# T-CDMA 64 VZW JB Fix



## hedsick (Jun 28, 2011)

Grab JRummy's Root Tools, change it to default of Verizon Wireless and voila. Fixed.

If this breaks your stuff, I'm not responsible. It worked great for me.


----------



## slickrickstyles (Jun 28, 2012)

I can confirm that it worked fine as well for me.


----------



## 11knives (Dec 21, 2011)

Is there an option in JRummy's Rom Toolbox Pro?

Already bought this app, seems like it should do the same thing but I can't find an option for it.


----------



## Cojoa13 (Sep 15, 2011)

11knives said:


> Is there an option in JRummy's Rom Toolbox Pro?
> 
> Already bought this app, seems like it should do the same thing but I can't find an option for it.


Almost every ROM now has this feature, so he might have taken it out or never bothered putting it in there.


----------



## Burncycle (Aug 6, 2011)

Is this just a carrier logo changer? If so, it isn't a "fix" per say.


----------



## Cojoa13 (Sep 15, 2011)

Burncycle said:


> Is this just a carrier logo changer? If so, it isn't a "fix" per say.


Not a logo per se, but changes the dropdown text.


----------



## Burncycle (Aug 6, 2011)

Well for a permanent fix, the eri.xml needs to be swapped out for a verizon one in framework-res.apk. One of the ports should have it done soon I would hope.


----------



## Cojoa13 (Sep 15, 2011)

Burncycle said:


> Well for a permanent fix, the eri.xml needs to be swapped out for a verizon one in framework-res.apk. One of the ports should have it done soon I would hope.


I was going to edit one but I could not get the .xml file to open up without gibberish showing up, could see where the T-CMDA 64 lines were though.

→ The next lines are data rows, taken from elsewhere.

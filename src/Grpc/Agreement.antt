-- ===== src/Grpc/Agreement.antt =====
-- The gRPC route of crates/grpc/src/service/mod.rs and the HTTP route of
-- crates/http/src/server/builder_api/post_bids.rs decide and write the same.
use rs_mev_relay.Prelude.{◌≢◌, Result-cases, inl, inr, ◌≡◌, ◌↔◌, ok, some, arith}
use rs_mev_relay.Primitives.Bids.{BidSubmission}
use rs_mev_relay.Primitives.Domains.{ForkDatas}
use rs_mev_relay.Primitives.External.{External}
use rs_mev_relay.Storage.{InMemoryStorage}
use rs_mev_relay.Builder
use rs_mev_relay.Builder.{admit, accept, post_bids}
use rs_mev_relay.Grpc.Messages
use rs_mev_relay.Grpc.Messages.{SubmitBlockRequest}
use rs_mev_relay.Grpc.Convert.{try_bid_trace, try_blobs_bundle, try_execution_payload}
use rs_mev_relay.Grpc.Service.{
  below_best, update, decide, submit_block, is_bid_higher, validate_bid_and_payload,
  verify_signature, update_best, signature_from,
}

-- The request is of this submission: every part is there, and its conversion gives the part.
pub record Decodes (x : External) (req : SubmitBlockRequest) (b : BidSubmission) : Type 0 where
  pub trace : Messages.BidTrace
  pub has_trace : req.bid_trace ≡ some trace
  pub to_message : try_bid_trace x trace ≡ ok b.message
  pub payload : Messages.ExecutionPayload
  pub has_payload : req.execution_payload ≡ some payload
  pub to_payload : try_execution_payload x payload ≡ ok b.execution_payload
  pub bundle : Messages.BlobsBundle
  pub has_bundle : req.blobs_bundle ≡ some bundle
  pub to_bundle : try_blobs_bundle x bundle ≡ ok b.blobs_bundle
  pub to_signature : signature_from x req.signature ≡ ok b.signature

module _ (x : External) (s : InMemoryStorage) (req : SubmitBlockRequest) (b : BidSubmission)
    (d : Decodes x req b) where
  -- On a request that decodes, the gRPC route writes what the HTTP route writes.
  submit_block-post_bids : (submit_block x s.inner.fork_data req s).0 ≡ (post_bids x b s).0
  unfolding submit_block decide post_bids admit accept is_bid_higher Builder.is_bid_higher
      validate_bid_and_payload verify_signature update_best
  submit_block-post_bids =
      let h0 = d.has_trace in
      let h1 = d.to_message in
      let h2 = d.has_payload in
      let h3 = d.to_payload in
      let h4 = d.has_bundle in let h5 = d.to_bundle in let h6 = d.to_signature in ground arith

  -- It replies success exactly when the HTTP route accepts.
  submit_block-success_iff :
      ((submit_block x s.inner.fork_data req s).1 ≡ ok (record { code = 200; message = "Success" }))
      ↔ ((post_bids x b s).1 ≡ ok tt)
  unfolding submit_block decide post_bids admit is_bid_higher Builder.is_bid_higher
      validate_bid_and_payload verify_signature
  submit_block-success_iff =
      let h0 = d.has_trace in
      let h1 = d.to_message in
      let h2 = d.has_payload in
      let h3 = d.to_payload in
      let h4 = d.has_bundle in let h5 = d.to_bundle in let h6 = d.to_signature in ground arith

  -- The two routes for bids agree: on a request that decodes to a submission, the gRPC route leaves
  -- the storage that the HTTP route leaves for it, and replies success exactly when that accepts.
  pub submit_block-agrees :
      ((submit_block x s.inner.fork_data req s).0 ≡ (post_bids x b s).0)
      × (((submit_block x s.inner.fork_data req s).1
            ≡ ok (record { code = 200; message = "Success" }))
          ↔ ((post_bids x b s).1 ≡ ok tt))
  submit_block-agrees = (submit_block-post_bids, submit_block-success_iff)

-- A request that is not answered with success leaves the storage as it was: a malformed message, a
-- failed check, a bid below the best, a panic of a conversion.
pub submit_block-rejected :
    (x : External) (forks : ForkDatas) (req : SubmitBlockRequest) (s : InMemoryStorage)
    → (submit_block x forks req s).1 ≢ ok (record { code = 200; message = "Success" })
    → (submit_block x forks req s).0 ≡ s
unfolding submit_block
submit_block-rejected x forks req s failed = elim (Result-cases (decide x forks s req)) [
  | inr (_, e) ↦ ground arith
  | inl (below_best, e) ↦ ground arith
  | inl (update bid payload blobs signature k, e) ↦ absurd (failed (ground arith))
]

EDIT: Forgot to add cant, lol.


----------



## Burncycle (Aug 6, 2011)

I wouldn't recommend editing it since you would have to decompile the apk. Just take framework-res.apk from aokp or something, and copy out the eri.xml without unzipping it. Copy the framework-res.apk from the jelly bean zip (again without unzipping) and then just copy in the good eri.xml (don't unzip, can't stress enough haha), then copy the modified framework-res.apk into your jellybean zip 

I personally use winrar.


----------



## binglejellsx2 (Jun 22, 2011)

Burncycle said:


> One of the ports should have it done soon I would hope.

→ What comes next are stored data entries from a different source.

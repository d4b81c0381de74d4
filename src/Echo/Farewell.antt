-- ===== src/Echo/Farewell.antt =====
-- echoserver/echoserver.cpp, `main`: the farewell that it leaves in every connection's send buffer, in
-- each of its last nine seconds. The entries of the map are an argument, in the order in which it is
-- gone through; `mod_ok` is what `epoll_ctl` says for each descriptor, to which nobody listens.
pub mod Laws
use tst.Common.{
  refl, sym, ap, subst, ◌∙◌, false, inl, inr, zero, suc, ◌+◌, ◌-◌, ◌*◌, ◌/◌, ◌%◌, ◌^◌, ◌≤◌, ◌<◌,
  ◌≡◌, ◌≢◌, ◌↔◌, ◌⊎◌, ◌==◌, ◌&&◌, ◌||◌, write_at, length, codes, ltb, Option, Bytes, List, ℕ, Bool,
  none, some, true, [], ◌∷◌, ◌++◌, if◌then◌else◌,
}
use tst.Pool.State.{Pool, update}
use tst.Pool.Connections.{need_send}
use tst.Http.Response.{decimal}

unfoldable pub farewell : ℕ → Bytes
unfolding decimal
farewell i = codes "--- good bye. about " ++ (decimal 10 i ++ codes " seconds...\n")

module _ {U G : Type 0} where
  -- One connection: its object's buffer is written, also where a worker has a job for it, and the
  -- pool is asked to send. `none` is a fault.
  unfoldable pub leave_farewell : (ℕ → Bool) → Pool U G → ℕ → Bytes → Option (Pool U G)
  unfolding need_send
  leave_farewell mod_ok p a text = elim (p.heap a) [
    | none ↦ none
    | some k ↦ elim k.send [
      | none ↦ none
      | some out ↦
          if ltb (length text) (length out.s)
          then (let k' = record k {
            send = some (record out {
              req_len = length text;
              com_len = 0;
              s = write_at out.s 0 (text ++ 0 ∷ []);
            });
          } in
              some (need_send (record p { heap = update p.heap a (some k') }) k.sd (mod_ok k.sd)).0)
          else none
    ]
  ]

  unfoldable pub say_farewell : (ℕ → Bool) → Pool U G → List (ℕ × ℕ) → ℕ → Option (Pool U G)
  unfolding leave_farewell farewell
  say_farewell mod_ok p [] i = some p
  say_farewell mod_ok p ((sd, a) ∷ entries) i = elim (leave_farewell mod_ok p a (farewell i)) [
    | none ↦ none
    | some q ↦ say_farewell mod_ok q entries i
  ]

I dl'd VanirBEAN v3 and it says "VERIZON WIRELESS", so it looks like it's already been fixed.


----------



## imnuts (Jun 9, 2011)

I just put a decompiled eri.xml in /data and it got rid of the T-CDMA64 text


----------



## calripkenturner (Feb 9, 2012)

binglejellsx2 said:


> I dl'd VanirBEAN v3 and it says "VERIZON WIRELESS", so it looks like it's already been fixed.


Still have t CDMA 64 here


----------



## imnuts (Jun 9, 2011)

Here is the eri.xml file I am using. Download it and copy it to /data/eri.xml, then restart your phone.


----------



## 11knives (Dec 21, 2011)

Do we have confirmation that this file works for Toro?


----------



## Burncycle (Aug 6, 2011)

imnuts said:


> Here is the eri.xml file I am using. Download it and copy it to /data/eri.xml, then restart your phone.


Thanks haha. Never knew it would work that way as well.


----------



## imnuts (Jun 9, 2011)

11knives said:


> Do we have confirmation that this file works for Toro?


It works for me, hence why I posted it.


----------



## Schoat333 (Jun 14, 2011)

imnuts said:


> Here is the eri.xml file I am using. Download it and copy it to /data/eri.xml, then restart your phone.


Thanks for that. I had no idea we could do that.

I'd imagine we could change the text to say whatever we want, as long as its the same number of spaces.


----------



## imnuts (Jun 9, 2011)

Schoat333 said:


> Thanks for that. I had no idea we could do that.
> 
> I'd imagine we could change the text to say whatever we want, as long as its the same number of spaces.


I saw it mentioned in a thread on XDA, so I tried it. As for changing the text, you can probably make it say whatever you want, regardless of length. But, you'll have to reboot to see the changes.


----------



## joe139 (May 1, 2012)

What are we changing besides the text? Will it effect the phone in any way. I noticed it , but didn't really think anything about it.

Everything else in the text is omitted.